/ObjectPoseEstimationDatasets

A repo to summarize datasets and rendering methods used for Object Pose Estimation

Primary LanguagePythonMIT LicenseMIT

ObjectPoseEstimationDatasets

A repo to summarize datasets used for object pose estimation and rendering methods used to generate synthetic training data.

In the following tables, 3D CAD model is noted as model and 2D pictured object is noted as object.

Papers resuming some related datesets can be found here and here

Table of Content

Objects in the controlled environments

This table lists the datasets commonly known as BOP: Benchmark 6D Object Pose Estimation, which provide accurate 3D object models and precise 2D-3D alignment.

You can download all the BOP datasets here and use the toolkit provided by the authors.

You can use our code ply2obj.py to convert original .ply files to .obj files, and run create_annotation.py to create a single annotation file for all the scenes in a dataset.

Datasets format can be found here, we use instance id in our annotation to indicate different instances pictured in the same image.

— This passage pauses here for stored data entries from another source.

-- ===== src/Transfer/Sample.antt =====
-- Operations of one parameter for the concrete runs.
use awex.Prelude.{ℕ, ◌+◌, [], ◌∷◌}
use awex.Prelude.Int.{negsuc}
use awex.Sharding.Kind.{no_sharding}
use awex.Meta.Weight.{ParameterShardMeta}
use awex.Transfer.Plan.Defs.{CommunicationOperation}

abbrev pub sample_shard : ℕ → ParameterShardMeta
sample_shard rank = record {
  tp_rank = rank;
  attn_tp_rank = rank;
  pp_rank = 0;
  ep_rank = 0;
  ep_tp_rank = 0;
  global_rank = rank;
  world_size = 4;
  engine_rank = 0;
  name = "w";
  shape = 4 ∷ [];
  numel = 4;
  dtype = "bfloat16";
  global_offset = 0 ∷ [];
  sharding_type = no_sharding;
  num_shards = 1;
  sharding_dim = 0;
  cp_rank = 0;
  cp_size = 1;
  cp_mode = "none";
}

-- The operation from one rank to another that starts at this offset.
abbrev pub sample_operation : ℕ → ℕ → ℕ → CommunicationOperation
sample_operation send_rank recv_rank offset = record {
  send_rank = send_rank;
  send_shard_meta = sample_shard send_rank;
  send_offset = offset ∷ [];
  recv_rank = recv_rank;
  recv_shard_meta = sample_shard recv_rank;
  recv_offset = offset ∷ [];
  overlap_shape = 1 ∷ [];
  train_slices = record { start = offset; stop = offset + 1 } ∷ [];
  inf_slices = record { start = offset; stop = offset + 1 } ∷ [];
  pp_rank = 0;
  placement_version = negsuc 0;
  param_class = "dense_other";
  send_tensor_span_numels = [];
}
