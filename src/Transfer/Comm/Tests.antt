-- ===== src/Transfer/Comm/Tests.antt =====
-- A plan of rank 2 with two operations to rank 1, one to itself and one to rank 0.
use Prim.Native.String.{String}
use awex.Prelude.{
  ℕ, ◌≡◌, inr, refl, true, false, Option, some, List, [], ◌∷◌, ◌++◌, map, All, filter, ◌==◌,
  if◌then◌else◌, arith,
}
use awex.Prelude.Outcome.{ok, err}
use awex.Prelude.Sort.{sort}
use awex.Transfer.Plan.Defs.{CommunicationOperation}
use awex.Transfer.Plan.Local.{OpDict, ops_at}
use awex.Transfer.Stages.Build.{is_parameter}
use awex.Transfer.Sample.{sample_operation}
use awex.Transfer.Comm.Rotation.{key_error, division_by_zero, rotate}
use awex.Transfer.Comm.Build.{
  DirectedOp, SendOps, RecvOps, send_op, recv_op, nccl_build_send_ops, nccl_build_recv_ops,
}
use awex.Transfer.Comm.Filed.{to_peer}
use awex.Transfer.Comm.Complete.{nccl_build_send_ops_complete, nccl_build_recv_ops_complete}
use awex.Transfer.Comm.Interleave.{group_by_peer, weave, interleave_p2p_ops_by_peer}
use awex.Transfer.Comm.Interleaved.{interleave_p2p_ops_by_peer-to_peer}
use awex.Transfer.Comm.Batch.{run_op, synchronize, Batched, batch_send_recv}
use awex.Transfer.Comm.Streams.{is_run_to, batch_send_recv-to_peer, batch_send_recv-no_streams}

abbrev op : ℕ → ℕ → CommunicationOperation
op = sample_operation 2

abbrev plan : OpDict
plan = (1, op 1 0 ∷ op 1 1 ∷ []) ∷ (2, op 2 2 ∷ []) ∷ (0, op 0 3 ∷ []) ∷ []

abbrev names : List String
names = "w" ∷ []

-- In the first round rank 0 comes before rank 1.
sends_of_plan :
    nccl_build_send_ops names plan 2 true
    ≡ ok (record {
      p2p_op_list = send_op 0 (op 0 3) ∷ send_op 1 (op 1 0) ∷ send_op 1 (op 1 1) ∷ [];
      copy_op_list = op 2 2 ∷ [];
      send_traj_list = [];
    })
unfolding nccl_build_send_ops rotate sort
sends_of_plan = refl

unknown_name : nccl_build_send_ops [] plan 2 true ≡ err key_error
unfolding nccl_build_send_ops rotate sort
unknown_name = refl

sends_named : (r : ℕ) → All (λ o. is_parameter o.send_shard_meta.name names ≡ true) (ops_at r plan)
sends_named r = ground arith

recvs_named : (r : ℕ) → All (λ o. is_parameter o.recv_shard_meta.name names ≡ true) (ops_at r plan)
recvs_named r = ground arith

abbrev directed : List DirectedOp
directed =
    send_op 3 (op 3 0)
    ∷ send_op 1 (op 1 0)
    ∷ send_op 3 (op 3 1)
    ∷ send_op 1 (op 1 1)
    ∷ send_op 3 (op 3 2)
    ∷ []

woven :
    interleave_p2p_ops_by_peer directed
    ≡ ok (
        send_op 1 (op 1 0)
        ∷ send_op 3 (op 3 0)
        ∷ send_op 1 (op 1 1)
        ∷ send_op 3 (op 3 1)
        ∷ send_op 3 (op 3 2)
        ∷ [])
unfolding interleave_p2p_ops_by_peer group_by_peer weave sort
woven = refl

-- A blocking run on two streams.
abbrev no_work : List DirectedOp → List (Unit {0})
no_work ops = []

abbrev unit_work : DirectedOp → Unit {0}
unit_work d = tt

run_on_streams :
    batch_send_recv no_work unit_work 2
      (send_op 3 (op 3 0) ∷ [])
      (send_op 1 (op 1 0) ∷ [])
      true
      false
      true
    ≡ ok (record {
      events =
          run_op (some 0) false (send_op 1 (op 1 0))
          ∷ run_op (some 1) false (send_op 3 (op 3 0))
          ∷ synchronize
          ∷ [];
      works = [];
    })
unfolding batch_send_recv interleave_p2p_ops_by_peer group_by_peer weave sort
run_on_streams = refl

nccl_build_send_ops_complete_example :
    (built : SendOps) × (nccl_build_send_ops names plan 2 true ≡ ok built)
    × (built.copy_op_list ≡ ops_at 2 plan)
    × ((r : ℕ)
        → to_peer r built.p2p_op_list ≡ (if r == 2 then [] else map (send_op r) (ops_at r plan)))
nccl_build_send_ops_complete_example = nccl_build_send_ops_complete plan names 2 true sends_named

nccl_build_recv_ops_complete_example :
    (built : RecvOps) × (nccl_build_recv_ops (λ _. false) names plan true ≡ ok built)
    × ((r : ℕ) → to_peer r built.p2p_op_list ≡ map (recv_op (λ _. false) true r) (ops_at r plan))
nccl_build_recv_ops_complete_example =
    nccl_build_recv_ops_complete plan (λ _. false) names true recvs_named

interleave_p2p_ops_by_peer-to_peer_example :
    (interleaved : List DirectedOp) × (interleave_p2p_ops_by_peer directed ≡ ok interleaved)
    × ((r : ℕ) → to_peer r interleaved ≡ to_peer r directed)
interleave_p2p_ops_by_peer-to_peer_example = interleave_p2p_ops_by_peer-to_peer directed

batch_send_recv-to_peer_example :
    (result : Batched (Unit {0})) × (batch_send_recv no_work unit_work 2 directed [] true false true
      ≡ ok result)
    × ((r : ℕ)
        → (stream : Option ℕ) × (filter (is_run_to r) result.events
            ≡ map (run_op stream false) (to_peer r directed ++ [])))
batch_send_recv-to_peer_example =
    batch_send_recv-to_peer no_work unit_work 2 directed [] true true (inr (omega arith))

batch_send_recv-no_streams_example :
    batch_send_recv no_work unit_work 0 (send_op 3 (op 3 0) ∷ []) [] true false true
    ≡ err division_by_zero
batch_send_recv-no_streams_example =
    batch_send_recv-no_streams no_work unit_work (send_op 3 (op 3 0)) [] [] true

Dataset Sample image Annotation Statistics Reference
HomebrewedDB 6D pose + Depth + BoundingBox 33 models in 13 videos with 17,420 frames Preprint 2019
YCB-Video 6D Pose + Depth + Mask 21 models in 92 videos with 133,827 frames RSS 2018
T-LESS 6D Pose + Depth 30 models in 20 videos with ~49K frames WACV 2017
Doumanoglou 6D Pose + Depth 2 models in 3 videos with 183 frames CVPR 2016
Tejani 6D Pose + Depth 6 models in 6 videos with 2,067 frames ECCV 2014
Occluded-LINEMOD 6D Pose + Depth 8 models in 1,214 frames with 8,992 objects ECCV 2014
LINEMOD 6D pose + Depth for one object 15 models in 15 videos with 18,273 frames ACCV 2012

Objects in the wild

In this table, Pix3D and ScanNet provide precise 2D-3D alignment while others only provide a coarse alignment.

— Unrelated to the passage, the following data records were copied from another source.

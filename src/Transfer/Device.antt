-- ===== src/Transfer/Device.antt =====
-- awex/transfer/nccl_device.py: the tasks that a rank gives to the device kernel.
pub mod Defs
pub mod Ranges
pub mod Send
pub mod Multicast
pub mod Recv
pub mod Stream
pub mod Agreement
pub mod Matching
pub mod Consecutive
pub mod Batches
pub mod Replicated
pub mod Fitting
pub mod Views
pub mod Transport
mod Tests
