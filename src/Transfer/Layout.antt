-- ===== src/Transfer/Layout.antt =====
-- awex/transfer/tensor_layout.py: the flat runs of a rectangular slice, and their fragments.
pub mod Strides
pub mod Cells
pub mod Ascending
pub mod Runs
pub mod Fragments
pub mod Static
pub mod Slicing
mod Tests
use mathlib.Core.List.{reverse}
use awex.Prelude.{
  ℕ, zero, suc, ◌+◌, ◌-◌, ◌*◌, ◌≡◌, refl, Bool, true, false, ◌&&◌, not, Option, none, some, List,
  [], ◌∷◌, ◌++◌, map, length, get_elem?, take, min, ltb, leb, ◌==◌, if◌then◌else◌,
}
use awex.Prelude.Int.{ℤ, pos, negsuc}
use awex.Prelude.Outcome.{Outcome, ok, err, ◌>>=◌, ◌>>◌, raise_if, or_raise}
use awex.Prelude.Indices.{concat_map, indices}

-- Python's `slice(start, stop, step)`, `None` where a field is left out.
pub record PySlice : Type 0 where
  pub start : Option ℤ
  pub stop : Option ℤ
  pub step : Option ℤ

-- The `ValueError`s of the file, and Python's `IndexError`.
pub data LayoutError : Type 0 where
  slice_count : LayoutError
  not_unit_stride : LayoutError
  empty_span : LayoutError
  not_covered : LayoutError
  no_spans : LayoutError
  not_contiguous : LayoutError
  mixed_spans : LayoutError
  index_error : LayoutError

-- A bound of a slice of step 1 in a dimension: counted from the end if negative, and clamped.
abbrev pub clamp : ℕ → ℕ → Option ℤ → ℕ
clamp missing dim none = missing
clamp missing dim (some (pos n)) = min n dim
clamp missing dim (some (negsuc n)) = dim - suc n

abbrev pub is_unit_step : Option ℤ → Bool
is_unit_step none = true
is_unit_step (some (pos n)) = n == 1
is_unit_step (some (negsuc n)) = false

unfoldable pub shape_numel : List ℕ → ℕ
shape_numel [] = 1
shape_numel (dim ∷ dims) = dim * shape_numel dims

-- An entry of `normalized`: start, stop, and whether the slice takes its whole dimension.
pub record Normalized : Type 0 where
  pub start : ℕ
  pub stop : ℕ
  pub is_full : Bool

-- `item.indices(dim)` for a step of 1, as it is put into `normalized`.
abbrev pub normalize : ℕ → PySlice → Normalized
normalize dim item =
    let start = clamp 0 dim item.start in
    let stop = clamp dim dim item.stop in
    record { start = start; stop = stop; is_full = (start == 0) && (stop == dim) }

abbrev pub append_entry : Normalized → Option (List Normalized) → Option (List Normalized)
append_entry entry none = none
append_entry entry (some entries) = some (entry ∷ entries)

-- The first loop of `_selected_flat_runs`: `none` is its early `return []`.
abbrev pub normalize_all : List ℕ → List PySlice → Outcome LayoutError (Option (List Normalized))
normalize_all (dim ∷ dims) (item ∷ items) =
    let entry = normalize dim item in
    raise_if (not (is_unit_step item.step)) not_unit_stride
    >> (let rest = normalize_all dims items in
        if leb entry.stop entry.start
        then ok none
        else (rest >>= λ others. ok (append_entry entry others)))
normalize_all _ _ = ok (some [])

-- The second loop: the last index of an entry that is not full.
abbrev pub last_partial : ℕ → Option ℕ → List Normalized → Option ℕ
last_partial index found [] = found
last_partial index found (entry ∷ entries) =
    last_partial (index + 1) (if entry.is_full then found else some index) entries

-- The loop over `reversed(shape)`, and the strides that it makes.
abbrev pub stride_loop : List ℕ → ℕ → List ℕ → List ℕ
stride_loop [] stride strides = strides
stride_loop (dim ∷ dims) stride strides = stride_loop dims (stride * dim) (strides ++ (stride ∷ []))

unfoldable pub row_strides : List ℕ → List ℕ
row_strides shape = reverse (stride_loop (reverse shape) 1 [])

-- `itertools.product`
abbrev pub product : List (List ℕ) → List (List ℕ)
product [] = [] ∷ []
product (r ∷ rs) = concat_map (λ i. map (λ prefix. i ∷ prefix) (product rs)) r

abbrev pub entry_range : Normalized → List ℕ
entry_range entry = indices entry.start (entry.stop - entry.start)

-- `sum(index * strides[dim] for dim, index in enumerate(prefix))`
abbrev pub prefix_start : List ℕ → List ℕ → ℕ
prefix_start (index ∷ prefix) (stride ∷ strides) = index * stride + prefix_start prefix strides
prefix_start _ _ = 0

-- The run of one prefix, as start and length, for the last entry that is not full and its stride.
abbrev pub prefix_run : List ℕ → Normalized → ℕ → List ℕ → ℕ × ℕ
prefix_run strides entry stride prefix =
    (prefix_start prefix strides + entry.start * stride, (entry.stop - entry.start) * stride)

-- The loop over the prefixes, where `entries[partial]` is the last entry that is not full.
abbrev pub runs_at : List ℕ → List Normalized → ℕ → Outcome LayoutError (List (ℕ × ℕ))
runs_at strides entries partial = or_raise (get_elem? entries partial) index_error >>= λ entry.
    or_raise (get_elem? strides partial) index_error >>= λ stride.
    ok (map (prefix_run strides entry stride) (product (map entry_range (take partial entries))))

abbrev pub runs_of : List ℕ → List Normalized → Option ℕ → Outcome LayoutError (List (ℕ × ℕ))
runs_of shape entries none = ok ((0, shape_numel shape) ∷ [])
runs_of shape entries (some partial) = runs_at (row_strides shape) entries partial

abbrev pub entry_runs : List ℕ → Option (List Normalized) → Outcome LayoutError (List (ℕ × ℕ))
entry_runs shape none = ok []
entry_runs shape (some entries) = runs_of shape entries (last_partial 0 none entries)

-- `_selected_flat_runs`
unfoldable pub selected_flat_runs : List ℕ → List PySlice → Outcome LayoutError (List (ℕ × ℕ))
selected_flat_runs shape slices =
    raise_if (not (length slices == length shape)) slice_count
    >> (normalize_all shape slices >>= entry_runs shape)

-- The loop that makes `span_bounds`.
abbrev pub span_bounds : ℕ → List ℕ → List (ℕ × ℕ)
span_bounds start [] = []
span_bounds start (numel ∷ numels) = (start, start + numel) ∷ span_bounds (start + numel) numels

-- A fragment: span index, span offset, length.
pub record Fragment : Type 0 where
  pub span_index : ℕ
  pub offset : ℕ
  pub numel : ℕ

-- A span index with `span_bounds[index:]`.
abbrev pub Cursor : Type 0
Cursor = ℕ × List (ℕ × ℕ)

-- `while span_bounds[span_index][1] <= run_start`
abbrev pub skip_spans : ℕ → List (ℕ × ℕ) → ℕ → Outcome LayoutError Cursor
skip_spans index [] run_start = err index_error
skip_spans index (bounds ∷ later) run_start =
    let rest = skip_spans (suc index) later run_start in
    if leb bounds.1 run_start then rest else ok (index, bounds ∷ later)

-- `while current < run_end`. A round that stays in its span has come to `run_end`, which ends the
-- loop.
abbrev pub cut_run : ℕ → List (ℕ × ℕ) → ℕ → ℕ → Outcome LayoutError (List Fragment × Cursor)
cut_run index [] current run_end =
    if ltb current run_end then err index_error else ok ([], (index, []))
cut_run index (bounds ∷ later) current run_end =
    let fragment_end = min run_end bounds.1 in
    let fragment : Fragment = record {
      span_index = index;
      offset = current - bounds.0;
      numel = fragment_end - current;
    } in
    let rest = cut_run (suc index) later fragment_end run_end in
    if ltb current run_end
    then (if (fragment_end == bounds.1) && ltb fragment_end run_end
        then (rest >>= λ r. ok (fragment ∷ r.0, r.1))
        else ok (fragment ∷ [], (index, bounds ∷ later)))
    else ok ([], (index, bounds ∷ later))

-- The loop over the runs.
abbrev pub fragment_loop : Cursor → List (ℕ × ℕ) → Outcome LayoutError (List Fragment)
fragment_loop cursor [] = ok []
fragment_loop cursor (run ∷ runs) = skip_spans cursor.0 cursor.1 run.0 >>= λ at.
    cut_run at.0 at.1 run.0 (run.0 + run.1) >>= λ cut.
    fragment_loop cut.1 runs >>= λ rest. ok (cut.0 ++ rest)

abbrev pub sum : List ℕ → ℕ
sum [] = 0
sum (n ∷ ns) = n + sum ns

abbrev pub any_zero : List ℕ → Bool
any_zero [] = false
any_zero (n ∷ ns) = let rest = any_zero ns in if n == 0 then true else rest

unfoldable pub slice_layout_fragments :
    List ℕ → List PySlice → List ℕ → Outcome LayoutError (List Fragment)
slice_layout_fragments shape slices span_numels =
    raise_if (any_zero span_numels) empty_span
    >> raise_if (not (sum span_numels == shape_numel shape)) not_covered
    >> (selected_flat_runs shape slices >>= fragment_loop (0, span_bounds 0 span_numels))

PASCAL3D+ is the de facto benchmark used for viewpoint estimation.

ScanNet is usually used to evaluate scene reconstruction and segmentation.

Dataset Sample image Annotation Statistics Reference
ApolloCar3D 6D Pose + Mask 34 car models with 60K+ objects in 5,277 images CVPR 2019
Pix3D 6D Pose + Mask 9 categories containing 395 models in 10,069 images CVPR 2018
ScanNet 6D Pose + Segmentation + Depth 2.5M RGB-D frames in 1,515 scenes CVPR 2017
ObjectNet3D Euler Angles + BoundingBox 100 categories with 201,888 objects in 90,127 images ECCV 2016
PASCAL3D+ Euler Angles + BoundingBox 12 categories with 36,292 objects in 30,889 images WACV 2014
KITTI 3D BoundingBox 80,256 objects in 14,999 images CVPR 2012

3D model datasets

In order to testify the network generalization ability (tested on images containing unseen 3D models from the training set), the following dataset could be used to generate synthetic training data.

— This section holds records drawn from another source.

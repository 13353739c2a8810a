-- ===== src/Transfer/Device/Defs.antt =====
-- The records of a batch, the exceptions, and the checks on the plan and on the chunk size.
use awex.Prelude.{
  ℕ, zero, suc, ◌+◌, ◌*◌, ◌%◌, String, Bool, true, false, not, ◌||◌, Option, none, some, List, [],
  ◌∷◌, map, leb, ◌==◌,
}
use awex.Prelude.Int.{ℤ, pos, negsuc}
use awex.Prelude.Outcome.{Outcome, ok, err, ◌>>=◌, ◌>>◌, raise_if, or_raise}
use awex.Prelude.Sort.{sort}
use awex.Transfer.Layout.{LayoutError}
use awex.Transfer.Plan.Defs.{CommunicationOperation}
use awex.Transfer.Plan.Local.{OpDict, ops_at, peer_keys}
use awex.Transfer.Comm.Rotation.{has_rank}

-- A `NCCLDeviceUnavailableError` for each of its messages, and Python's own exceptions.
pub data DeviceError : Type 0 where
  invalid_peer : DeviceError
  self_transfer : DeviceError
  not_an_integer : DeviceError
  negative_chunk : DeviceError
  unaligned_chunk : DeviceError
  unaligned_boundary : DeviceError
  not_cuda : DeviceError
  inner_stride : DeviceError
  row_stride_mismatch : DeviceError
  invalid_row_stride : DeviceError
  layout_mismatch : DeviceError
  source_mismatch : DeviceError
  topology_exceeds : DeviceError
  invalid_step : DeviceError
  plan_grew : DeviceError
  world_size_range : DeviceError
  layout_error : LayoutError → DeviceError
  negative_total : DeviceError
  key_error : DeviceError
  index_error : DeviceError

-- What the file reads of a tensor.
pub record DeviceTensor : Type 0 where
  pub data_ptr : ℕ
  pub element_size : ℕ
  pub shape : List ℕ
  pub strides : List ℕ
  pub is_contiguous : Bool
  pub is_cuda : Bool

abbrev pub numel_of : List ℕ → ℕ
numel_of [] = 1
numel_of (dim ∷ dims) = dim * numel_of dims

abbrev pub numel : DeviceTensor → ℕ
numel tensor = numel_of tensor.shape

-- `tensor.reshape(-1).narrow(0, start, length)` of a contiguous tensor
abbrev pub narrow : DeviceTensor → ℕ → ℕ → DeviceTensor
narrow tensor start length = record {
  data_ptr = tensor.data_ptr + start * tensor.element_size;
  element_size = tensor.element_size;
  shape = length ∷ [];
  strides = 1 ∷ [];
  is_contiguous = true;
  is_cuda = tensor.is_cuda;
}

-- One index of the lists that `_append_tensor_range` extends together.
pub record Task : Type 0 where
  pub tensor : DeviceTensor
  pub offset : ℕ
  pub length : ℕ
  pub tensor_offset : ℕ
  pub tensor_row_bytes : ℕ
  pub tensor_row_stride : ℕ
  pub peer : ℕ
  pub ordinal : ℕ
  pub region_index : ℕ

-- `_DeviceBatch`
pub record DeviceBatch : Type 0 where
  pub tasks : List Task
  pub region_bytes : List ℕ
  pub expected_counts : List ℕ
  pub copybacks : List (DeviceTensor × DeviceTensor)
  pub multicast_groups : List (List ℕ)

-- `any(peer >= world_size for peer in peers)`
abbrev pub any_outside : ℕ → List ℕ → Bool
any_outside world_size [] = false
any_outside world_size (peer ∷ peers) = leb world_size peer || any_outside world_size peers

unfoldable pub operation_groups :
    OpDict → ℕ → ℕ → Outcome DeviceError (List (ℕ × List CommunicationOperation))
operation_groups operations rank world_size =
    let peers = sort leb (peer_keys operations) in
    raise_if (any_outside world_size peers) invalid_peer
    >> (raise_if (has_rank rank peers) self_transfer
        >> ok (map (λ peer. (peer, ops_at peer operations)) peers))

abbrev pub default_chunk_bytes : ℕ
default_chunk_bytes = 4 * 1024 * 1024

abbrev pub chunk_alignment : ℕ
chunk_alignment = 16

-- The checks on a given size.
abbrev pub check_chunk_bytes : ℤ → Outcome DeviceError ℕ
check_chunk_bytes (negsuc n) = err negative_chunk
check_chunk_bytes (pos n) = raise_if (not (n % chunk_alignment == 0)) unaligned_chunk >> ok n

-- `int(configured)`, for the variable of the environment and how the language reads a number.
abbrev pub configured_chunk_bytes : (String → Option ℤ) → Option String → Outcome DeviceError ℤ
configured_chunk_bytes parse_int none = ok (pos default_chunk_bytes)
configured_chunk_bytes parse_int (some configured) = or_raise (parse_int configured) not_an_integer

unfoldable pub resolve_chunk_bytes :
    (String → Option ℤ) → Option String → Option ℤ → Outcome DeviceError ℕ
resolve_chunk_bytes parse_int configured none =
    configured_chunk_bytes parse_int configured >>= check_chunk_bytes
resolve_chunk_bytes parse_int configured (some chunk_bytes) = check_chunk_bytes chunk_bytes

-- `_sequence_from_step`
unfoldable pub sequence_from_step : ℤ → Outcome DeviceError ℕ
sequence_from_step (pos n) = ok (n + 2)
sequence_from_step (negsuc zero) = ok 1
sequence_from_step (negsuc (suc n)) = err invalid_step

Notice that ABC contains generic and arbitrary industrial CAD models while ShapeNetCore and ModelNet contain common category objects such as cars and chairs.

Dataset Number of categories Number of models Reference
ABC - 1 million CVPR 2019
ShapeNetCore 55 ~51,300 ArXiv 2015
ModelNet-40 40 26,960 CVPR 2015

Rendering methods

Differentiable Renderer

Neural 3D Mesh Renderer: Kato el al. CVPR 2018

RenderNet: Thu et al. NIPS 2018

Blender Render

In this repo, we provide python code to generate rendering images from 3D models using blender as a python module that is easy to install and generate photo-realistic images : )

TODO: scripts about how to use it.

Other works using blender can be found here that generates one model at a time.

Physical Simulator

PyBullet: a very popular one in the Robotics community.

Others

Glumpy: does not support headless rendering (failed on ssh mode)

UnrealCV: extension of Unreal Engine 4, helps interact with virtual world and communicate with external program.

SyntheticComputerVision: resuming a lot of techniques used to generate synthetic image

Attention: 3D models should be aligned in the same way through meshlab to ensure the consistent orientation while wandering across the different datasets.